3\. All of the code is one large file

4\. There is no documentation

5\. There are magic/unexplained numbers everywhere

6\. There are lines of code over 80 characters wide. (many of these composed
of multiple short statements that could easily be put on separate lines.

7\. A lot of the code looks very repetitive and probably could be made a lot
shorter with more general functions

8\. The function names are descriptive but the variable names are not
(consider longer but more informative names for your variables)

If you work on most of these I think the code will be a really good piece to
show off.

On the issue of the name I highly doubt that it will be a problem. There are
hundreds of other projects on Github similarly named.
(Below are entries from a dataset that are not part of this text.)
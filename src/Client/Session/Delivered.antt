-- ===== src/Client/Session/Delivered.antt =====
-- The way of a message from one client to the other's screen.
use inf.Server.Connections
use inf.Base.{
  List, Returns, Returns-and, Returns-mono, Str, [], ap, ap₂, arith, contains, eq_str, eq_ℕ, false,
  inl, length, none, ok, refl, some, subst, sym, true, ℕ, ◌++◌, ◌+◌, ◌<◌, ◌^◌, ◌∙◌, ◌∷◌, ◌≡◌, ◌≢◌,
}
use inf.Client.Session.{ServerLine, read_server_message, received_message}
use inf.Client.Session.Reading.{meant, read_server_message_lem}
use inf.Client.Session.Texts.{author-IsAscii, printable-IsAscii, text_members, username-IsAscii}
use inf.Server.Connections.{Address, UserConnectionManager, eq_address, get_user_id_from_address}
use inf.Server.Connections.Invariant.{IsConsistent}
use inf.Server.Connections.Sessions.{owner}
use inf.Server.Handler.{ClientMessageHandler, Handled, complete_login, login, send_message}
use inf.Server.Handler.FirstLogin.{known_user, login_completes, not_refused}
use inf.Server.Handler.Invariant.{HasRoom, IsSound}
use inf.Server.Handler.Login.{Completed, complete_login_lem}
use inf.Server.Handler.LoginAnswer.{IsCompleted, completed_lem}
use inf.Server.Handler.OfflineMessage.{
  Received, after_send, follower_known, offline_follower_receives,
}
use inf.Server.Loop.{dispatch_action}
use inf.Server.Loop.Dispatch.{sent_to, sent_to-dispatch_action}
use inf.Server.Message.{
  ServerAction, ServerMessageData, ServerMsgPayload, ServerMsgType, action_message_address,
  action_message_user, members, payload_body, payload_members, payload_size, payload_timestap,
  payload_username, serialize, server_send_command,
}
use inf.Server.NotificationManager.Fan.{IsDelivery, shown_author}
use inf.Server.Persistence.{get_followers, get_username_from_user_id}
use inf.Server.Persistence.Pending.{SameUsers-exists, SameUsers-username}
use inf.Shared.Buffer.{buffer_size, parse_buffer, parse_buffer_lem}
use inf.Shared.Ids.{invalid_user_id}
use inf.Shared.Json.{IsAscii, IsPlain, Json, RoundTrips}
use inf.Shared.Validation.{is_valid_message, is_valid_message_iff}

module _ (J : Json) (R : RoundTrips J) (ctime : ℕ → Str) (uninitialised : ServerMsgPayload)
    (sized : length uninitialised ≡ payload_size) (h : ClientMessageHandler) (s : IsSound h)
    (room : HasRoom h) (acts : List ServerAction) (now u : ℕ) (small : now < 2 ^ 64) (sent : Str)
    (valid : is_valid_message sent ≡ true) (f : ℕ)
    (follows : contains f (get_followers h.user_persistence u) ≡ true)
    (offline : Connections.user_id_exists h.connection_manager f ≡ false) (t : Handled)
    (sends : send_message uninitialised h acts now u sent ≡ ok t) (memory : List ℕ)
    (whole : length memory + 1 ≡ buffer_size) (plain : IsAscii (ctime now))
    (short : (i : ℕ)
      → length (
          J.bytes (
            J.write (
              text_members
                (shown_author (get_username_from_user_id h.user_persistence u) sent)
                sent
                (ctime now)
                i)))
        < buffer_size) where
  abbrev follower_name : Str
  follower_name = get_username_from_user_id h.user_persistence f

  -- The line that the text is to be printed as.
  abbrev delivered_line : ServerLine
  delivered_line =
      received_message (shown_author (get_username_from_user_id h.user_persistence u) sent) sent
        (ctime now)

  -- The login's last action is a message that goes once to the address; its client, which reads it
  -- into its buffer, parses it and prints it.
  abbrev pub IsPrintedAt : Address → Handled → Type 0
  IsPrintedAt a r =
      (before : List ServerAction) × (m : ServerMessageData) × (r.1
        ≡ before ++ action_message_user f m ∷ [])
      × (sent_to a (dispatch_action r.0.connection_manager (action_message_user f m)) ≡ 1)
      × (v : J.Value) × (parse_buffer J (memory ++ 0 ∷ []) (serialize J ctime m) ≡ ok (some v))
      × (read_server_message J v ≡ ok (delivered_line, false))

  abbrev author : Str
  author = shown_author (get_username_from_user_id h.user_persistence u) sent

  delivered-members :
      (m : ServerMessageData)
      → m.msg_type ≡ server_send_command
      → payload_username m.payload ≡ author
      → payload_body m.payload ≡ sent
      → payload_timestap m.payload ≡ now
      → members ctime m ≡ text_members author sent (ctime now) m.msg_id
  unfolding members payload_members
  delivered-members m ty named body time = rw ty (rw named (rw body (rw time refl)))

  text-IsPlain : (i : ℕ) → IsPlain (text_members author sent (ctime now) i)
  text-IsPlain i = (
    author-IsAscii (get_username_from_user_id h.user_persistence u) sent
        (username-IsAscii h.user_persistence u s.users)
        (printable-IsAscii true sent ((is_valid_message_iff sent).0 valid).2),
    (printable-IsAscii true sent ((is_valid_message_iff sent).0 valid).2, (plain, tt)),
  )

  printed_lem :
      (m : ServerMessageData)
      → m.msg_type ≡ server_send_command
      → payload_username m.payload ≡ author
      → payload_body m.payload ≡ sent
      → payload_timestap m.payload ≡ now
      → (v : J.Value) × (parse_buffer J (memory ++ 0 ∷ []) (serialize J ctime m) ≡ ok (some v))
        × (read_server_message J v ≡ ok (delivered_line, false))
  printed_lem m ty named body time =
      let same = delivered-members m ty named body time in
      let (v, parsed, shown) =
        read_server_message_lem J R ctime m (subst IsPlain (sym same) (text-IsPlain m.msg_id)) in
      (
        v,
        parse_buffer_lem J memory (serialize J ctime m) v
            (rw (same, serialize) (omega (arith, whole, short m.msg_id))) parsed,
        shown
            ∙ ap (λ (x : ServerMsgType). ok (meant ctime x m.payload)) ty
            ∙ ap₂
                (λ (b : Str) (n : ℕ).
                  ok (received_message (payload_username m.payload) b (ctime n), false))
                body time
            ∙ ap (λ (n : Str). ok (received_message n sent (ctime now), false)) named,
      )

  -- A message for a user that owns the address goes there once.
  sent_once :
      (c : UserConnectionManager) (m : ServerMessageData) (a : Address)
      → IsConsistent c
      → f ≢ invalid_user_id
      → owner c a ≡ some f
      → sent_to a (dispatch_action c (action_message_user f m)) ≡ 1
  sent_once c m a v proper e =
      sent_to-dispatch_action c v f m a proper ∙ unfold get_user_id_from_address in ground arith

  printed_at :
      (a : Address) (r : Handled) (before : List ServerAction) (d : ServerAction)
      → IsConsistent r.0.connection_manager
      → f ≢ invalid_user_id
      → owner r.0.connection_manager a ≡ some f
      → r.1 ≡ before ++ d ∷ []
      → IsDelivery (get_username_from_user_id h.user_persistence u) sent now f d
      → IsPrintedAt a r
  printed_at a r before (action_message_address b m) v proper e final i = absurd i
  printed_at a r before (action_message_user w m) v proper e final (same, ty, author, body, time) =
      let (value, parsed, shown) = printed_lem m ty author body time in
      (
        before,
        m,
        final ∙ ap (λ (k : ℕ). before ++ action_message_user k m ∷ []) same,
        sent_once r.0.connection_manager m a v proper e,
        value,
        parsed,
        shown,
      )

  abbrev IsDone : Address → Handled → Type 0
  IsDone a r = IsCompleted uninitialised sized t.0 f a r × Completed t.0 r.0

  abbrev IsReceived : Handled → Type 0
  IsReceived =
      Received uninitialised sized h s room acts now u small sent valid f follows offline t sends

  -- From a sound state with room for one more message, after user `u` has sent a valid text, a
  -- follower that was offline and then logs in under its name, from an address that nobody is
  -- logged in at: the login ends well, and its last action is a message that goes once to that
  -- address. If jsoncpp reads back the ASCII that it writes, ctime gives ASCII, a message with this
  -- author, text and time is written in fewer than 512 bytes under any id, and the follower's
  -- buffer of 512 bytes has a NUL at its end, what the server writes for it is parsed from that
  -- buffer, and the follower's client prints the text under the name of `u`, with the time of
  -- sending (a name of 20 bytes is shown with the text behind it). Uninitialised objects have their
  -- sizes.
  pub offline_follower_reads :
      (a : Address)
      → owner t.0.connection_manager a ≡ none
      → Returns (login uninitialised t.0 [] follower_name a) (IsPrintedAt a)
  offline_follower_reads a unknown =
      let b =
        after_send uninitialised sized h s room acts now u small sent valid f follows offline t
          sends in
      let st = b.next.sound in
      let user =
        SameUsers-exists h.user_persistence t.0.user_persistence b.same_users f
        ∙ follower_known uninitialised sized h s room acts now u small sent valid f follows offline
            t sends in
      let away = b.same_sessions.same_exists f ∙ offline in
      let proper = (known_user t.0.user_persistence f st.users user).1 in
      let completes : login uninitialised t.0 [] follower_name a
          ≡ complete_login uninitialised t.0 [] f a =
        ap (λ (n : Str). login uninitialised t.0 [] n a)
          (sym (SameUsers-username h.user_persistence t.0.user_persistence b.same_users f))
        ∙ login_completes uninitialised sized t.0 st [] f user a away unknown in
      let completed =
        completed_lem uninitialised sized t.0 st f a user proper
          (not_refused uninitialised sized t.0 st [] f user a away unknown) in
      let kept = complete_login_lem uninitialised sized t.0 st [] f a user proper (inl unknown) in
      let received =
        offline_follower_receives uninitialised sized h s room acts now u small sent valid f follows
          offline t sends [] a unknown in
      Returns-mono (λ r. IsReceived r × IsDone a r) (IsPrintedAt a)
        (login uninitialised t.0 [] follower_name a)
        (λ r ((before, d, final, i), (done, sound)).
          printed_at a r before d (Completed.sound sound).sessions proper (IsCompleted.owned done)
            final i)
        (Returns-and IsReceived (IsDone a) (login uninitialised t.0 [] follower_name a) received
          (rw completes (Returns-and _ _ (complete_login uninitialised t.0 [] f a) completed kept)))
Now if he started making
the toy and selling it as a "Rubik's cube" that would be a problem.

------
AlexeyBrin
I'm curious if the author will be forced to remove his code from GitHub, given
the fact that even the use of the title "Rubik Cube" is copyrighted.

If anyone can shed some light on the fair use of a name please do. I'm
especially interested if it is OK (from a legal point of view) for e.g. to
write an article with code about an efficient Rubik's cube solver.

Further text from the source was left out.